U.S. Supreme Court Resolves Custody Dispute Between Biological Father and Adoptive Parents

July 9, 2013

193524_hands.jpgChild custody disputes are as diverse as our society; there is no such thing as one size fits all. While some of the issues may be similar and familiar, each family brings to the table a unique set of facts and preconceived notions about how the proceedings will unfold. Add to the mix the fact that laws and court procedures vary from place to place, and the conflict may seem overwhelming. A dedicated family lawyer can help. If you are faced with a child custody issue, it is important to contact, as soon as possible, a San Diego family law attorney with extensive experience handling such matters.

In a recent case, the United States Supreme Court was asked to decide the familial fate of an American Indian child, who had been adopted by an American family when she just a baby. Prior to the girl's birth, the biological father gave up his parental rights. The biological mother then allowed a couple from South Carolina to adopt the baby girl. Just four months after her birth, the biological father (an American Indian) had a change of heart and sought custody of the baby, asserting that he did not know that his former fiancée planned to put the child up for adoption.
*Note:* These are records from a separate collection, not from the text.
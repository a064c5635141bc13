-- ===== src/Shim/Removal.antt =====
-- `Uninstall` on a lawful file system.
use runtime_class_manager.Base.{
  ◌≡◌, refl, sym, ap, ◌∙◌, Option, none, some, ◌++◌, Text, txt, text_eq, ==_refl, arith,
}
use runtime_class_manager.Go.Outcome.{
  Error, Outcome, failure, ok, err, Action, pure, attempt, ◌>>=◌,
}
use runtime_class_manager.Go.Outcome.Laws.{>>=-eq-ok, >>=_after}
use runtime_class_manager.Go.Json.Print.{marshal_indent}
use runtime_class_manager.Machine.{Fs, Machine}
use runtime_class_manager.Machine.Laws.{IsLawful}
use runtime_class_manager.State.{
  State, get, write, loaded, parsed_state, lock_path, find_shim, remove_shim, to_value,
}
use runtime_class_manager.State.Entry.{Shim}
use runtime_class_manager.Shim.{Config, installed_path, tolerate_missing, uninstall}

module _ {W : Type 0} where
  pub get_world :
      (fs : Fs W) (rcm_path : Text) (w : W)
      → (get fs rcm_path w).1 ≡ (fs.read_file (lock_path rcm_path) w).1
  unfolding get loaded parsed_state
  get_world fs rcm_path w = ground arith

  pub get-lock_file_path :
      (fs : Fs W) (rcm_path : Text) (w : W) {st : State}
      → (get fs rcm_path w).0 ≡ ok st
      → st.lock_file_path ≡ lock_path rcm_path
  unfolding get loaded parsed_state
  get-lock_file_path fs rcm_path w h = ground arith

pub remove_shim-lock_file_path :
    (st : State) (name : Text) → (remove_shim st name).lock_file_path ≡ st.lock_file_path
unfolding remove_shim
remove_shim-lock_file_path st name = ground arith

ok_injective : {a b : Text} → ok a ≡ ok b → a ≡ b
ok_injective h = ground arith

module _ {W : Type 0} (m : Machine W) (L : IsLawful m.host_fs) (c : Config) (shim_name : Text)
    (w : W) where
  pub get-Keeps : (q : Text) → L.content (get m.host_fs c.rcm_path w).1 q ≡ L.content w q
  get-Keeps q = rw (get_world m.host_fs c.rcm_path w) (L.read_file-Keeps (lock_path c.rcm_path) w q)

  -- On a lawful file system, where the lock file can be read and does not record the shim, removing
  -- that shim is an error, and every file keeps its contents.
  pub uninstall_missing :
      (q : Text) {st : State}
      → (get m.host_fs c.rcm_path w).0 ≡ ok st
      → find_shim st shim_name ≡ none
      → ((e : Error) × ((uninstall m c shim_name w).0 ≡ err e))
        × (L.content (uninstall m c shim_name w).1 q ≡ L.content w q)
  unfolding uninstall installed_path
  uninstall_missing q h missing = (
    (failure (txt "shim " ++ (shim_name ++ txt " not installed")), ground arith),
    ground (arith, get-Keeps q),
  )

  -- The end of a removal, and what precedes it.
  abbrev recorded : State → Text → Action W Text
  recorded st p = write m.host_fs (remove_shim st shim_name) >>= λ _. pure p

  abbrev removed : State → Text → Action W Text
  removed st p = attempt (m.host_fs.remove p) >>= λ r. tolerate_missing m p r >>= λ _. recorded st p

  -- The path is returned, and the lock file records the state without the shim.
  abbrev Forgets : State → Text → Outcome Text × W → Type 0
  Forgets st p (r, w') =
      (r ≡ ok p)
      × (L.content w' (L.resolve (lock_path c.rcm_path))
          ≡ some (marshal_indent (to_value (remove_shim st shim_name))))

  write-content :
      (st : State) (w' : W)
      → (write m.host_fs st w').0 ≡ ok tt
      → L.content (write m.host_fs st w').1 (L.resolve st.lock_file_path)
        ≡ some (marshal_indent (to_value st))
  unfolding write
  write-content st w' h =
      L.content-write_file st.lock_file_path (marshal_indent (to_value st)) w'
        (L.resolve st.lock_file_path) h
      ∙ rw ==_refl refl

  recorded-Forgets :
      (st : State) (p : Text) {q : Text} (w' : W)
      → st.lock_file_path ≡ lock_path c.rcm_path
      → (recorded st p w').0 ≡ ok q
      → Forgets st p (recorded st p w')
  recorded-Forgets st p w' located h =
      let (_, e, step) =
        >>=-eq-ok (write m.host_fs (remove_shim st shim_name)) (λ _. pure p) w' h in
      let path = sym located ∙ sym (remove_shim-lock_file_path st shim_name) in
      rw step (
        refl,
        ap (λ v. L.content (write m.host_fs (remove_shim st shim_name) w').1 (L.resolve v)) path
            ∙ write-content (remove_shim st shim_name) w' e,
      )

  removed-Forgets :
      (st : State) (p : Text) {q : Text} (w' : W)
      → st.lock_file_path ≡ lock_path c.rcm_path
      → (removed st p w').0 ≡ ok q
      → Forgets st p (removed st p w')
  removed-Forgets st p w' located h =
      >>=_after (attempt (m.host_fs.remove p)) (λ r. tolerate_missing m p r >>= λ _. recorded st p)
        w' (Forgets st p) h
        (λ r w'' h'.
          >>=_after (tolerate_missing m p r) (λ _. recorded st p) w'' (Forgets st p) h'
            (λ _ w3 h''. recorded-Forgets st p w3 located h''))

  pub installed_path-cases :
      (v : Option (Option Shim)) (f : Text → Action W Text) (w' : W) {p : Text}
      → ((installed_path m shim_name v >>= f) w').0 ≡ ok p
      → (s : Shim) × (v ≡ some (some s)) × ((installed_path m shim_name v >>= f) w' ≡ f s.path w')
  unfolding installed_path
  installed_path-cases none f w' h = absurd (ground arith)
  installed_path-cases (some none) f w' h = absurd (ground arith)
  installed_path-cases (some (some s)) f w' h = (s, refl, refl)

  -- After a removal that went through on a lawful file system, the lock file holds what it recorded
  -- without the shim, and the path that is returned is the one that it recorded for the shim.
  uninstall-content :
      {p : Text}
      → (uninstall m c shim_name w).0 ≡ ok p
      → (st : State) × (s : Shim) × ((get m.host_fs c.rcm_path w).0 ≡ ok st)
        × (find_shim st shim_name ≡ some (some s))
        × (p ≡ s.path)
        × (L.content (uninstall m c shim_name w).1 (L.resolve (lock_path c.rcm_path))
            ≡ some (marshal_indent (to_value (remove_shim st shim_name))))
  unfolding uninstall
  uninstall-content {p} h =
      let (st, e, step) =
        >>=-eq-ok (get m.host_fs c.rcm_path)
          (λ st. installed_path m shim_name (find_shim st shim_name) >>= removed st) w h in
      let opened = (get m.host_fs c.rcm_path w).1 in
      let (s, found, next) =
        installed_path-cases (find_shim st shim_name) (removed st) opened
          (ap (λ r. r.0) (sym step) ∙ h) in
      let ends = ap (λ r. r.0) (sym (step ∙ next)) ∙ h in
      let (returned, forgotten) =
        removed-Forgets st s.path opened (get-lock_file_path m.host_fs c.rcm_path w e) ends in
      (
        st,
        s,
        e,
        found,
        ok_injective (sym ends ∙ returned),
        ap (λ r. L.content r.1 (L.resolve (lock_path c.rcm_path))) (step ∙ next) ∙ forgotten,
      )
The parents who were in the process of legally adopting the baby had been raising her for 27 months when the South Carolina courts ruled that the biological father could have custody of his daughter. For the last 18 months, the child (who is almost four years-old), has been living with her biological father. The state courts found that both families provided the girl with loving and safe homes. At issue in the case was the interplay between federal and state laws concerning parental rights. The question was whether the 1978 Indian Child Welfare Act (federal law) should be applied when it appeared to conflict with state law in South Carolina.

According to an article in the New York Times, the federal law's aim is to make it more difficult for American Indian children to be taken from their families. If only South Carolina law applied to the case, the child would have remained with the adoptive parents, but that state's courts ruled that the biological father's parental rights under the federal law overrode state law.

In a 5-4 decision, the Supreme Court, however, concluded that the federal law did not require the child to be returned to her father, holding that the statute did not apply to this case, noting that the Indian parent did not have custody of the child at any point in time. Instead, at least one Justice indicated that the purpose of the law was to prevent the unwarranted removal of Indian children from their families. Here, the biological Indian parent never had custody of his daughter. The court found that the federal law was not meant to apply to a custody dispute where an Indian child's adoption is lawfully and voluntarily initiated by a non-Indian parent with sole custody rights.

While this case did not emanate from the San Diego courts, the decision could still serve as precedent under similar facts in a California custody dispute. A local family law attorney can help parents with any custody issues they may be facing.

Parents with questions about child custody matters are encouraged to contact Roy M. Doppelt & Associates. Mr. Doppelt is a knowledgeable family law attorney with more than 20 years of experience representing parents in Southern California. Roy M. Doppelt & Associates serves clients in Linda Vista, Encinitas, Scripps Ranch, San Diego, and throughout Southern California. For a free consultation with a dedicated family lawyer, contact Roy M. Doppelt & Associates through the law firm's website or give us a call toll-free at (800) ROY IS IT (769-4748).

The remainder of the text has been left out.